**Records shown**
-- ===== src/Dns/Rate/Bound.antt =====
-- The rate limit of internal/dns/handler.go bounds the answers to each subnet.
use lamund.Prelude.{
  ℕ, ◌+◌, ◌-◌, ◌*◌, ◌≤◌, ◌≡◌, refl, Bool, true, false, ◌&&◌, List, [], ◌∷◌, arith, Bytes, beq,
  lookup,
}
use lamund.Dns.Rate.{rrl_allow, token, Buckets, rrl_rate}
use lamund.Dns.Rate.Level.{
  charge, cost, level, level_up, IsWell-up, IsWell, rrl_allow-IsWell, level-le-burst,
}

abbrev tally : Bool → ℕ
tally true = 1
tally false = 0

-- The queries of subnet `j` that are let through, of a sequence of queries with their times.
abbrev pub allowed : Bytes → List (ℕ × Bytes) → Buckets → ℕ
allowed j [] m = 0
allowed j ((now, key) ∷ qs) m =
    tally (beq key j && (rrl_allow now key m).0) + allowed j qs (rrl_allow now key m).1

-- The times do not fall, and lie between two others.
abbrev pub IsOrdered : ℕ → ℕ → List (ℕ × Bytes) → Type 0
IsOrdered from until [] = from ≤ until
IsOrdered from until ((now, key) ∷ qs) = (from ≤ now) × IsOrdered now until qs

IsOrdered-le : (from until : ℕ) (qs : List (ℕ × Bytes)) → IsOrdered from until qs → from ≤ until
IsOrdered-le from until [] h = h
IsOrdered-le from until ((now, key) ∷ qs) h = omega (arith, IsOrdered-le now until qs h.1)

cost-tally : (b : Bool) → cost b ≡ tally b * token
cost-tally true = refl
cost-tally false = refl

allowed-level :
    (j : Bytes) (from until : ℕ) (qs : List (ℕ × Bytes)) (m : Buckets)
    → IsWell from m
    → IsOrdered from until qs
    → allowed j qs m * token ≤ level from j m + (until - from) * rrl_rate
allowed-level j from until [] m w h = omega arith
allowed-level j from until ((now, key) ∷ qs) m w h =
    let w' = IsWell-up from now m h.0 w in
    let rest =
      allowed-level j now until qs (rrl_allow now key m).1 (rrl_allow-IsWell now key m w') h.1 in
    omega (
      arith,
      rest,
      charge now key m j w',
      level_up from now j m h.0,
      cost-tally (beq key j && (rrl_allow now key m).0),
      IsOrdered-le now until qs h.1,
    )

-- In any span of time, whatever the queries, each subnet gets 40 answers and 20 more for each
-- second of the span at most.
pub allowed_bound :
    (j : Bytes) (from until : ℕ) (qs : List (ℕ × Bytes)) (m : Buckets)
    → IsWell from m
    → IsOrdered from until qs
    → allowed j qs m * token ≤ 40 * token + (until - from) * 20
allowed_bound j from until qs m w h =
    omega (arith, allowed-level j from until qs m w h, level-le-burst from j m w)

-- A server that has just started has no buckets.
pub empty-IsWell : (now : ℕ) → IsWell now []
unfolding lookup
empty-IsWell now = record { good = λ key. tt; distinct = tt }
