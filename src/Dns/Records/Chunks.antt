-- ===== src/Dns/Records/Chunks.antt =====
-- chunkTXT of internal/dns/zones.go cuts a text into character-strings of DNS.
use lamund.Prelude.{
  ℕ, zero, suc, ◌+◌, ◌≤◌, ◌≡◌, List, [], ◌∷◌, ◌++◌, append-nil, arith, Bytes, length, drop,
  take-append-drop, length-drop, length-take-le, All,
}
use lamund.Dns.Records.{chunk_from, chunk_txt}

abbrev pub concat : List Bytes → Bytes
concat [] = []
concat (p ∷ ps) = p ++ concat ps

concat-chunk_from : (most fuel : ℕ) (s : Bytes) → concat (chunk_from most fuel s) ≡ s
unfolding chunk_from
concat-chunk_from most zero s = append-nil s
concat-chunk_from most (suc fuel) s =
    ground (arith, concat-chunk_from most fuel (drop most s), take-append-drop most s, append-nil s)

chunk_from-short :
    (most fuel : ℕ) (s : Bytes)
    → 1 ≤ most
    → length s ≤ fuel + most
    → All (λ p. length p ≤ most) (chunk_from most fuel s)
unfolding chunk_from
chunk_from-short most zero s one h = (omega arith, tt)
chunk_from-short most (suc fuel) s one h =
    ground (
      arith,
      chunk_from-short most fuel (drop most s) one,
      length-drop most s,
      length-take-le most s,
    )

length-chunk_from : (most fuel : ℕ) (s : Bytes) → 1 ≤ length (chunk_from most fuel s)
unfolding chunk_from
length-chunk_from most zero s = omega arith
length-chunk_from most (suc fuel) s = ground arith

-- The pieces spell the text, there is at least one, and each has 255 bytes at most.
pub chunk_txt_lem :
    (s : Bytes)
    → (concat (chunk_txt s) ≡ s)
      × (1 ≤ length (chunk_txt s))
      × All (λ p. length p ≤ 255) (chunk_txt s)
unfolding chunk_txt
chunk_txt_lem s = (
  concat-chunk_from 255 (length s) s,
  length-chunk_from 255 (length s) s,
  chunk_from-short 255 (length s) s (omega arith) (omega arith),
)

**Task item**
Using the listing above, return word for word each line from the one that has "omega (arith, allowed-level" through the one that has "-- ===== src/Dns/Records/Chunks.antt", and no line outside that range.

**Solution to this exercise**
    omega (arith, allowed-level j from until qs m w h, level-le-burst from j m w)

-- A server that has just started has no buckets.
pub empty-IsWell : (now : ℕ) → IsWell now []
unfolding lookup
empty-IsWell now = record { good = λ key. tt; distinct = tt }
filename src/Dns/Records/Chunks.antt
-- ===== src/Dns/Records/Chunks.antt =====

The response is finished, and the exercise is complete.